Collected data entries

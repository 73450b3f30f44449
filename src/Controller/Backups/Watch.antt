-- ===== src/Controller/Backups/Watch.antt =====
-- `backupsForRepository`, and the index of the backups that SetupWithManager registers.
use borgbase_operator.Base.{
  Text, text_eq, is_empty, Bool, List, [], ◌∷◌, any, keep, map, if◌then◌else◌,
}
use borgbase_operator.Api.Meta.{ObjectMeta}
use borgbase_operator.Api.ScheduledBackup.{ScheduledBackup}
use borgbase_operator.Controller.Env.{Env, list_backups}
use borgbase_operator.Controller.Exec.{Exec, pure, ask, ◌>>=◌, on_result}

-- The values of a backup in the index on its Repository.
unfoldable pub repository_index : ScheduledBackup → List Text
repository_index sb = if is_empty sb.spec.repository_ref then [] else sb.spec.repository_ref ∷ []

-- A list with the selector has the backups that the index has under the name.
unfoldable pub is_indexed : Text → ScheduledBackup → Bool
unfolding repository_index
is_indexed name sb = any (text_eq name) (repository_index sb)

-- `reconcile.Request`
pub record Request : Type 0 where
  pub namespace : Text
  pub name : Text

abbrev pub request_of : ScheduledBackup → Request
request_of sb = record { namespace = sb.meta.namespace; name = sb.meta.name }

-- `func (r *ScheduledBackupReconciler) backupsForRepository`
unfoldable pub backups_for_repository : {O : Type 0} → Env → ObjectMeta → Exec O (List Request)
unfolding is_indexed
backups_for_repository env meta = do
  reply ← ask (list_backups meta.namespace) (λ h. env.listed_backups h meta.namespace)
  on_result reply (λ sbs. pure (map request_of (keep (is_indexed meta.name) sbs))) (λ _. pure [])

### TASK TO COMPLETE
Every line from the one containing "filename src/Controller/Backups/Watch.antt" to the close of the records must be reproduced exactly. Include both ends and nothing more.

### TASK SOLUTION
filename src/Controller/Backups/Watch.antt
-- ===== src/Controller/Backups/Watch.antt =====
-- `backupsForRepository`, and the index of the backups that SetupWithManager registers.
use borgbase_operator.Base.{
  Text, text_eq, is_empty, Bool, List, [], ◌∷◌, any, keep, map, if◌then◌else◌,
}
use borgbase_operator.Api.Meta.{ObjectMeta}
use borgbase_operator.Api.ScheduledBackup.{ScheduledBackup}
use borgbase_operator.Controller.Env.{Env, list_backups}
use borgbase_operator.Controller.Exec.{Exec, pure, ask, ◌>>=◌, on_result}

-- The values of a backup in the index on its Repository.
unfoldable pub repository_index : ScheduledBackup → List Text
repository_index sb = if is_empty sb.spec.repository_ref then [] else sb.spec.repository_ref ∷ []

-- A list with the selector has the backups that the index has under the name.
unfoldable pub is_indexed : Text → ScheduledBackup → Bool
unfolding repository_index
is_indexed name sb = any (text_eq name) (repository_index sb)

-- `reconcile.Request`
pub record Request : Type 0 where
  pub namespace : Text
  pub name : Text

abbrev pub request_of : ScheduledBackup → Request
request_of sb = record { namespace = sb.meta.namespace; name = sb.meta.name }

-- `func (r *ScheduledBackupReconciler) backupsForRepository`
unfoldable pub backups_for_repository : {O : Type 0} → Env → ObjectMeta → Exec O (List Request)
unfolding is_indexed
backups_for_repository env meta = do
  reply ← ask (list_backups meta.namespace) (λ h. env.listed_backups h meta.namespace)
  on_result reply (λ sbs. pure (map request_of (keep (is_indexed meta.name) sbs))) (λ _. pure [])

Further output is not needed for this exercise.